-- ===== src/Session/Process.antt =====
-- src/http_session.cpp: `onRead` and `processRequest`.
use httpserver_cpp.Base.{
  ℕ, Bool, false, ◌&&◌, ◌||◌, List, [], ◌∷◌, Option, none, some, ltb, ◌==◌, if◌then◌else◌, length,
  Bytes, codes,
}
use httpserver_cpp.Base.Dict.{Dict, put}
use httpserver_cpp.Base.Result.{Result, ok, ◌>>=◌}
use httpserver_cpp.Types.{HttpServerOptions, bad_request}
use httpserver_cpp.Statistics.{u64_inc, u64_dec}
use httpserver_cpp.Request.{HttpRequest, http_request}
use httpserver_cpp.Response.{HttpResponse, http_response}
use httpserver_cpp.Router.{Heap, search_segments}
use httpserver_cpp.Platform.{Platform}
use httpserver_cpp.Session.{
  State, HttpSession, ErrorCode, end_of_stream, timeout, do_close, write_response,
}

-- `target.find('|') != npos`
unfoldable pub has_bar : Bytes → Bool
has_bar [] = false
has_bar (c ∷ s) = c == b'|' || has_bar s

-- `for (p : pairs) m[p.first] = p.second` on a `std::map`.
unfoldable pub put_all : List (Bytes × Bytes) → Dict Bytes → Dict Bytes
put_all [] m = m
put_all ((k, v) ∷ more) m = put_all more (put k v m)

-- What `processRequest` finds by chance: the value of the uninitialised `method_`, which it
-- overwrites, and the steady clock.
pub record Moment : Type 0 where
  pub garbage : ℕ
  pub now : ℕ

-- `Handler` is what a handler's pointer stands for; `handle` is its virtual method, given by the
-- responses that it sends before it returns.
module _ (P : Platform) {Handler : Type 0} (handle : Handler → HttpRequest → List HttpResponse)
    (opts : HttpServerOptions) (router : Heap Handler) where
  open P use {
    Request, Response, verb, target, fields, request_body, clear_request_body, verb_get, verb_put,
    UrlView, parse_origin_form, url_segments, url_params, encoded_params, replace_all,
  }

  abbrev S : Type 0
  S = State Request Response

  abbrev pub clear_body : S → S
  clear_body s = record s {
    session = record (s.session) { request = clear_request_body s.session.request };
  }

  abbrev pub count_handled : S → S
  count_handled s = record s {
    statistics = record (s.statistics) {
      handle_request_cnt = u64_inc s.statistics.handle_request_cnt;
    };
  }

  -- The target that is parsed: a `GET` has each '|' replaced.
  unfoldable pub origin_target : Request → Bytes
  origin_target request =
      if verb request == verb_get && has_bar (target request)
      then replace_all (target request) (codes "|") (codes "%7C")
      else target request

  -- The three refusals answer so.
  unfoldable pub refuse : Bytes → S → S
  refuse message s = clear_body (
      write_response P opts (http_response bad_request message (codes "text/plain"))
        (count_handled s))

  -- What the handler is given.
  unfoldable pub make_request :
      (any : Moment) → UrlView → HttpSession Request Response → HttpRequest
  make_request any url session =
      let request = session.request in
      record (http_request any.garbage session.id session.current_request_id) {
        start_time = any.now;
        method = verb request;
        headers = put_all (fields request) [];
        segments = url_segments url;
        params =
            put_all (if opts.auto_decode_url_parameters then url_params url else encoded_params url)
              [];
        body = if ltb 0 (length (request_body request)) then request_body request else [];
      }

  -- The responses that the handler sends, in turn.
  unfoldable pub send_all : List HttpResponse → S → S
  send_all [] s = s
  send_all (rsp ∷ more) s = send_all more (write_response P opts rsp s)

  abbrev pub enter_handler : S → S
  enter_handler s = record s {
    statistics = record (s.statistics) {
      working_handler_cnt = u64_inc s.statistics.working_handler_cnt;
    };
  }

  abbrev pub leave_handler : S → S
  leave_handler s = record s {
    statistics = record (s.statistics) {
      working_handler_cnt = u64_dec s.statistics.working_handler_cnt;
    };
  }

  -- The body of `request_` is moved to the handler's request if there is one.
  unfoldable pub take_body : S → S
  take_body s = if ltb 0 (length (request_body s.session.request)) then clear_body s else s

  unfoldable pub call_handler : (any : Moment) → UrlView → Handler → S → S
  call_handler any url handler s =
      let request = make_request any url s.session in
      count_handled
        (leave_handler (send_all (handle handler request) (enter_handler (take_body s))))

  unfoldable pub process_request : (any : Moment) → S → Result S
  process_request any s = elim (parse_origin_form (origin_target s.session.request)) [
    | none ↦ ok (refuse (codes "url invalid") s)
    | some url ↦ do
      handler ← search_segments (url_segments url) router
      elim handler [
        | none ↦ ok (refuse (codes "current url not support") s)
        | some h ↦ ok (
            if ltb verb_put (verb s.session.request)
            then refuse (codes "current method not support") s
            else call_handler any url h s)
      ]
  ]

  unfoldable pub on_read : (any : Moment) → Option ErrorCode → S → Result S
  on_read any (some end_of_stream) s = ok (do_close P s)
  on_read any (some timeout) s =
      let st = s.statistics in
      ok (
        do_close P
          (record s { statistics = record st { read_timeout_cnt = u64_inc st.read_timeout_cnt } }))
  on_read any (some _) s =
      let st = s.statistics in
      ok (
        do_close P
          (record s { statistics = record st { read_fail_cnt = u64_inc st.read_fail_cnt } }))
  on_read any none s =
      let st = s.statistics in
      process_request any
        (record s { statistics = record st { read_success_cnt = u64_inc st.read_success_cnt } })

WHAT YOU WILL DO
Reproduce all the entries verbatim, leaving nothing out.

YOUR RESPONSE
-- ===== src/Session/Process.antt =====
-- src/http_session.cpp: `onRead` and `processRequest`.
use httpserver_cpp.Base.{
  ℕ, Bool, false, ◌&&◌, ◌||◌, List, [], ◌∷◌, Option, none, some, ltb, ◌==◌, if◌then◌else◌, length,
  Bytes, codes,
}
use httpserver_cpp.Base.Dict.{Dict, put}
use httpserver_cpp.Base.Result.{Result, ok, ◌>>=◌}
use httpserver_cpp.Types.{HttpServerOptions, bad_request}
use httpserver_cpp.Statistics.{u64_inc, u64_dec}
use httpserver_cpp.Request.{HttpRequest, http_request}
use httpserver_cpp.Response.{HttpResponse, http_response}
use httpserver_cpp.Router.{Heap, search_segments}
use httpserver_cpp.Platform.{Platform}
use httpserver_cpp.Session.{
  State, HttpSession, ErrorCode, end_of_stream, timeout, do_close, write_response,
}

-- `target.find('|') != npos`
unfoldable pub has_bar : Bytes → Bool
has_bar [] = false
has_bar (c ∷ s) = c == b'|' || has_bar s

-- `for (p : pairs) m[p.first] = p.second` on a `std::map`.
unfoldable pub put_all : List (Bytes × Bytes) → Dict Bytes → Dict Bytes
put_all [] m = m
put_all ((k, v) ∷ more) m = put_all more (put k v m)

-- What `processRequest` finds by chance: the value of the uninitialised `method_`, which it
-- overwrites, and the steady clock.
pub record Moment : Type 0 where
  pub garbage : ℕ
  pub now : ℕ

-- `Handler` is what a handler's pointer stands for; `handle` is its virtual method, given by the
-- responses that it sends before it returns.
module _ (P : Platform) {Handler : Type 0} (handle : Handler → HttpRequest → List HttpResponse)
    (opts : HttpServerOptions) (router : Heap Handler) where
  open P use {
    Request, Response, verb, target, fields, request_body, clear_request_body, verb_get, verb_put,
    UrlView, parse_origin_form, url_segments, url_params, encoded_params, replace_all,
  }

  abbrev S : Type 0
  S = State Request Response

  abbrev pub clear_body : S → S
  clear_body s = record s {
    session = record (s.session) { request = clear_request_body s.session.request };
  }

  abbrev pub count_handled : S → S
  count_handled s = record s {
    statistics = record (s.statistics) {
      handle_request_cnt = u64_inc s.statistics.handle_request_cnt;
    };
  }

  -- The target that is parsed: a `GET` has each '|' replaced.
  unfoldable pub origin_target : Request → Bytes
  origin_target request =
      if verb request == verb_get && has_bar (target request)
      then replace_all (target request) (codes "|") (codes "%7C")
      else target request

  -- The three refusals answer so.
  unfoldable pub refuse : Bytes → S → S
  refuse message s = clear_body (
      write_response P opts (http_response bad_request message (codes "text/plain"))
        (count_handled s))

  -- What the handler is given.
  unfoldable pub make_request :
      (any : Moment) → UrlView → HttpSession Request Response → HttpRequest
  make_request any url session =
      let request = session.request in
      record (http_request any.garbage session.id session.current_request_id) {
        start_time = any.now;
        method = verb request;
        headers = put_all (fields request) [];
        segments = url_segments url;
        params =
            put_all (if opts.auto_decode_url_parameters then url_params url else encoded_params url)
              [];
        body = if ltb 0 (length (request_body request)) then request_body request else [];
      }

  -- The responses that the handler sends, in turn.
  unfoldable pub send_all : List HttpResponse → S → S
  send_all [] s = s
  send_all (rsp ∷ more) s = send_all more (write_response P opts rsp s)

  abbrev pub enter_handler : S → S
  enter_handler s = record s {
    statistics = record (s.statistics) {
      working_handler_cnt = u64_inc s.statistics.working_handler_cnt;
    };
  }

  abbrev pub leave_handler : S → S
  leave_handler s = record s {
    statistics = record (s.statistics) {
      working_handler_cnt = u64_dec s.statistics.working_handler_cnt;
    };
  }

  -- The body of `request_` is moved to the handler's request if there is one.
  unfoldable pub take_body : S → S
  take_body s = if ltb 0 (length (request_body s.session.request)) then clear_body s else s

  unfoldable pub call_handler : (any : Moment) → UrlView → Handler → S → S
  call_handler any url handler s =
      let request = make_request any url s.session in
      count_handled
        (leave_handler (send_all (handle handler request) (enter_handler (take_body s))))

  unfoldable pub process_request : (any : Moment) → S → Result S
  process_request any s = elim (parse_origin_form (origin_target s.session.request)) [
    | none ↦ ok (refuse (codes "url invalid") s)
    | some url ↦ do
      handler ← search_segments (url_segments url) router
      elim handler [
        | none ↦ ok (refuse (codes "current url not support") s)
        | some h ↦ ok (
            if ltb verb_put (verb s.session.request)
            then refuse (codes "current method not support") s
            else call_handler any url h s)
      ]
  ]

  unfoldable pub on_read : (any : Moment) → Option ErrorCode → S → Result S
  on_read any (some end_of_stream) s = ok (do_close P s)
  on_read any (some timeout) s =
      let st = s.statistics in
      ok (
        do_close P
          (record s { statistics = record st { read_timeout_cnt = u64_inc st.read_timeout_cnt } }))
  on_read any (some _) s =
      let st = s.statistics in
      ok (
        do_close P
          (record s { statistics = record st { read_fail_cnt = u64_inc st.read_fail_cnt } }))
  on_read any none s =
      let st = s.statistics in
      process_request any
        (record s { statistics = record st { read_success_cnt = u64_inc st.read_success_cnt } })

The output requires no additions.